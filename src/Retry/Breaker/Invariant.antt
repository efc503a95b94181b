-- ===== src/Retry/Breaker/Invariant.antt =====
-- When the circuit breaker opens, closes and lets calls through (internal/retry/retry.go).
use distributed_task_schedul.Prelude.{
  ap, ◌∙◌, ℕ, ◌+◌, ◌<◌, ◌≡◌, refl, Bool, true, false, List, [], ◌∷◌, arith, length, leb,
  if◌then◌else◌, ℤ, pos, ◌+ℤ◌, ◌≤ℤ◌, ◌<ℤ◌,
}
use distributed_task_schedul.Retry.Breaker.{
  circuit_closed, circuit_open, circuit_half_open, CircuitBreaker, new_circuit_breaker, allow,
  record_success, record_failure, Event, allows, succeeds, fails, step, run,
}

-- A closed breaker has counted fewer failures than its threshold.
pub record Inv (threshold : ℤ) (cb : CircuitBreaker) : Type 0 where
  pub kept : cb.threshold ≡ threshold
  pub below : cb.state ≡ circuit_closed → pos cb.failures <ℤ threshold

step-Inv :
    (threshold : ℤ) (cb : CircuitBreaker) (e : Event)
    → pos 0 <ℤ threshold
    → Inv threshold cb
    → Inv threshold (step cb e)
unfolding step
step-Inv t cb (allows busy now) h v = ground arith
step-Inv t cb (succeeds busy) h v = ground arith
step-Inv t cb (fails busy now) h v = ground arith

run-Inv :
    (threshold : ℤ) (cb : CircuitBreaker) (es : List Event)
    → pos 0 <ℤ threshold
    → Inv threshold cb
    → Inv threshold (run cb es)
unfolding run
run-Inv t cb [] h v = v
run-Inv t cb (e ∷ es) h v = run-Inv t (step cb e) es h (step-Inv t cb e h v)

-- Whatever calls a new breaker with a positive threshold has served, contended ones included, while
-- it is closed it has counted fewer failures than the threshold.
pub run-closed :
    (zero_time threshold timeout : ℤ) (es : List Event)
    → pos 0 <ℤ threshold
    → (run (new_circuit_breaker zero_time threshold timeout) es).state ≡ circuit_closed
    → pos (run (new_circuit_breaker zero_time threshold timeout) es).failures <ℤ threshold
unfolding new_circuit_breaker
run-closed z t to es h c = (run-Inv t _ es h (record { kept = refl; below = λ _. h })).below c

-- Failures at the given times, one after the other, with no contention.
abbrev pub failures_at : List ℤ → List Event
failures_at [] = []
failures_at (t ∷ ts) = fails false t ∷ failures_at ts

-- A breaker that has counted `n` failures in a row.
abbrev counted : ℕ → ℕ → ℤ → ℤ → CircuitBreaker
counted n threshold timeout last = record {
  failures = n;
  threshold = pos threshold;
  timeout = timeout;
  last_failure = last;
  state = if leb threshold n then circuit_open else circuit_closed;
}

counted-step :
    (n threshold : ℕ) (timeout last t : ℤ)
    → step (counted n threshold timeout last) (fails false t) ≡ counted (n + 1) threshold timeout t
unfolding step
counted-step n threshold timeout last t = ground arith

counted-run :
    (n threshold : ℕ) (timeout last : ℤ) (ts : List ℤ)
    → (run (counted n threshold timeout last) (failures_at ts)).state
      ≡ (if leb threshold (n + length ts) then circuit_open else circuit_closed)
unfolding run
counted-run n k to last [] = ground arith
counted-run n k to last (t ∷ ts) =
    ap (λ cb. (run cb (failures_at ts)).state) (counted-step n k to last t)
    ∙ counted-run (n + 1) k to t ts
    ∙ ap (λ m. if leb k m then circuit_open else circuit_closed) (omega arith)

new-counted :
    (zero_time timeout : ℤ) (threshold : ℕ)
    → 0 < threshold
    → new_circuit_breaker zero_time (pos threshold) timeout ≡ counted 0 threshold timeout zero_time
unfolding new_circuit_breaker
new-counted z to k h = ground arith

-- A new breaker opens exactly when the number of failures in a row reaches the threshold.
pub failures-open :
    (zero_time timeout : ℤ) (threshold : ℕ) (ts : List ℤ)
    → 0 < threshold
    → (run (new_circuit_breaker zero_time (pos threshold) timeout) (failures_at ts)).state
      ≡ (if leb threshold (length ts) then circuit_open else circuit_closed)
failures-open z to k ts h = rw (new-counted z to k h) (
    counted-run 0 k to z ts
    ∙ ap (λ m. if leb k m then circuit_open else circuit_closed) (omega arith))

-- An open breaker refuses every call until its timeout has passed since the last failure, and is
-- unchanged. Then a call that finds the lock free passes as the trial; a success recorded after it
-- closes the breaker and clears the count.
pub open-recovers :
    (cb : CircuitBreaker) (busy : Bool) (now : ℤ)
    → cb.state ≡ circuit_open
    → (now ≤ℤ cb.last_failure +ℤ cb.timeout → allow busy now cb ≡ (cb, false))
      × (cb.last_failure +ℤ cb.timeout <ℤ now
          → let (trial, passed) = allow false now cb in
            let closed = record_success false trial in
            (passed ≡ true)
            × (trial.state ≡ circuit_half_open)
            × (closed.state ≡ circuit_closed)
            × (closed.failures ≡ 0))
unfolding allow record_success
open-recovers cb busy now o = ground arith

-- A success that is recorded while the breaker is open, by a call that began before, clears the
-- count and leaves it open. With a threshold above 1 the failure of the next trial then does not
-- open the breaker again: it stays half-open and lets every call through.
pub late_success-half_open :
    (cb : CircuitBreaker) (now later after : ℤ)
    → cb.state ≡ circuit_open
    → pos 1 <ℤ cb.threshold
    → cb.last_failure +ℤ cb.timeout <ℤ now
    → let trial = (allow false now (record_success false cb)).0 in
      let failed = record_failure false later trial in
      (failed.state ≡ circuit_half_open) × (allow false after failed ≡ (failed, true))
unfolding allow record_success record_failure
late_success-half_open cb now later after o t h = ground arith
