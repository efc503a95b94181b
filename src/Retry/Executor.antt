-- ===== src/Retry/Executor.antt =====
-- Executor.Execute and ExecuteWithResult (internal/retry/retry.go). `fn i` is what the call of the
-- function at attempt i returns, `ctx i` the context's error if it is done during the wait after
-- attempt i, and `draws i` the number drawn for the jitter of that wait.
pub mod Outcomes
use distributed_task_schedul.Prelude.{
  ℕ, zero, suc, ◌+◌, Bool, List, [], ◌∷◌, Option, none, some, if◌then◌else◌, ℤ, pos, pos_part, ◌+ℤ◌,
  leb_ℤ,
}
use distributed_task_schedul.Errors.{Error, Result, ok, err, wrap, wrap_nil}
use distributed_task_schedul.Retry.Policy.{Policy, refuses, calculate_backoff}

-- What a run has done: the calls made, the delays waited, and what it returns.
pub record Run (A : Type 0) : Type 0 where
  pub calls : ℕ
  pub waits : List ℤ
  pub result : A

abbrev stop : {A : Type 0} → A → Run A
stop a = record { calls = 1; waits = []; result = a }

abbrev wait : {A : Type 0} → ℤ → Run A → Run A
wait d r = record { calls = suc r.calls; waits = d ∷ r.waits; result = r.result }

-- fmt.Errorf("all %d retries exhausted: %w", …, lastErr)
abbrev pub exhausted : Option Error → Error
exhausted none = wrap_nil "all retries exhausted"
exhausted (some e) = wrap "all retries exhausted" e

module _ (policy : Policy) (ctx : ℕ → Option Error) (draws : ℕ → ℕ) where
  -- The rounds of `for attempt := 0; attempt <= MaxRetries; attempt++` from one attempt on.
  execute_loop : (fn : ℕ → Option Error) (left attempt : ℕ) → Option Error → Run (Option Error)
  execute_loop fn zero attempt last = record {
    calls = 0;
    waits = [];
    result = some (exhausted last);
  }
  execute_loop fn (suc left) attempt last =
      let rest = λ (e : Error).
        wait (calculate_backoff attempt policy (draws attempt))
          (execute_loop fn left (suc attempt) (some e)) in
      elim (fn attempt) [
        | none ↦ stop none
        | some e ↦
            if refuses policy.retryable e
            then stop (some (wrap "non-retryable error" e))
            else if leb_ℤ policy.max_retries (pos attempt)
            then stop (some (exhausted (some e)))
            else elim (ctx attempt) [
              | some c ↦ stop (some (wrap "context cancelled during retry" c))
              | none ↦ rest e
            ]
      ]

  unfoldable pub execute : (ℕ → Option Error) → Run (Option Error)
  unfolding execute_loop
  execute fn = execute_loop fn (pos_part (policy.max_retries +ℤ pos 1)) 0 none

  result_loop : {T : Type 0} (fn : ℕ → Result T) (left attempt : ℕ) → Option Error → Run (Result T)
  result_loop fn zero attempt last = record { calls = 0; waits = []; result = err (exhausted last) }
  result_loop fn (suc left) attempt last =
      let rest = λ (e : Error).
        wait (calculate_backoff attempt policy (draws attempt))
          (result_loop fn left (suc attempt) (some e)) in
      elim (fn attempt) [
        | ok result ↦ stop (ok result)
        | err e ↦
            if refuses policy.retryable e
            then stop (err (wrap "non-retryable error" e))
            else if leb_ℤ policy.max_retries (pos attempt)
            then stop (err (exhausted (some e)))
            else elim (ctx attempt) [
              | some c ↦ stop (err (wrap "context cancelled during retry" c))
              | none ↦ rest e
            ]
      ]

  unfoldable pub execute_with_result : {T : Type 0} → (ℕ → Result T) → Run (Result T)
  unfolding result_loop
  execute_with_result fn = result_loop fn (pos_part (policy.max_retries +ℤ pos 1)) 0 none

========================================================================

Assignment -> Write out exactly the lines above between the line with "circuit_closed) (omega arith))" and the line with "-- Executor.Execute and", inclusive, and nothing beyond them.

Written answer ->
    ∙ ap (λ m. if leb k m then circuit_open else circuit_closed) (omega arith))

-- An open breaker refuses every call until its timeout has passed since the last failure, and is
-- unchanged. Then a call that finds the lock free passes as the trial; a success recorded after it
-- closes the breaker and clears the count.
pub open-recovers :
    (cb : CircuitBreaker) (busy : Bool) (now : ℤ)
    → cb.state ≡ circuit_open
    → (now ≤ℤ cb.last_failure +ℤ cb.timeout → allow busy now cb ≡ (cb, false))
      × (cb.last_failure +ℤ cb.timeout <ℤ now
          → let (trial, passed) = allow false now cb in
            let closed = record_success false trial in
            (passed ≡ true)
            × (trial.state ≡ circuit_half_open)
            × (closed.state ≡ circuit_closed)
            × (closed.failures ≡ 0))
unfolding allow record_success
open-recovers cb busy now o = ground arith

-- A success that is recorded while the breaker is open, by a call that began before, clears the
-- count and leaves it open. With a threshold above 1 the failure of the next trial then does not
-- open the breaker again: it stays half-open and lets every call through.
pub late_success-half_open :
    (cb : CircuitBreaker) (now later after : ℤ)
    → cb.state ≡ circuit_open
    → pos 1 <ℤ cb.threshold
    → cb.last_failure +ℤ cb.timeout <ℤ now
    → let trial = (allow false now (record_success false cb)).0 in
      let failed = record_failure false later trial in
      (failed.state ≡ circuit_half_open) × (allow false after failed ≡ (failed, true))
unfolding allow record_success record_failure
late_success-half_open cb now later after o t h = ground arith
repository efc503a95b94181b
filename src/Retry/Executor.antt
-- ===== src/Retry/Executor.antt =====
-- Executor.Execute and ExecuteWithResult (internal/retry/retry.go). `fn i` is what the call of the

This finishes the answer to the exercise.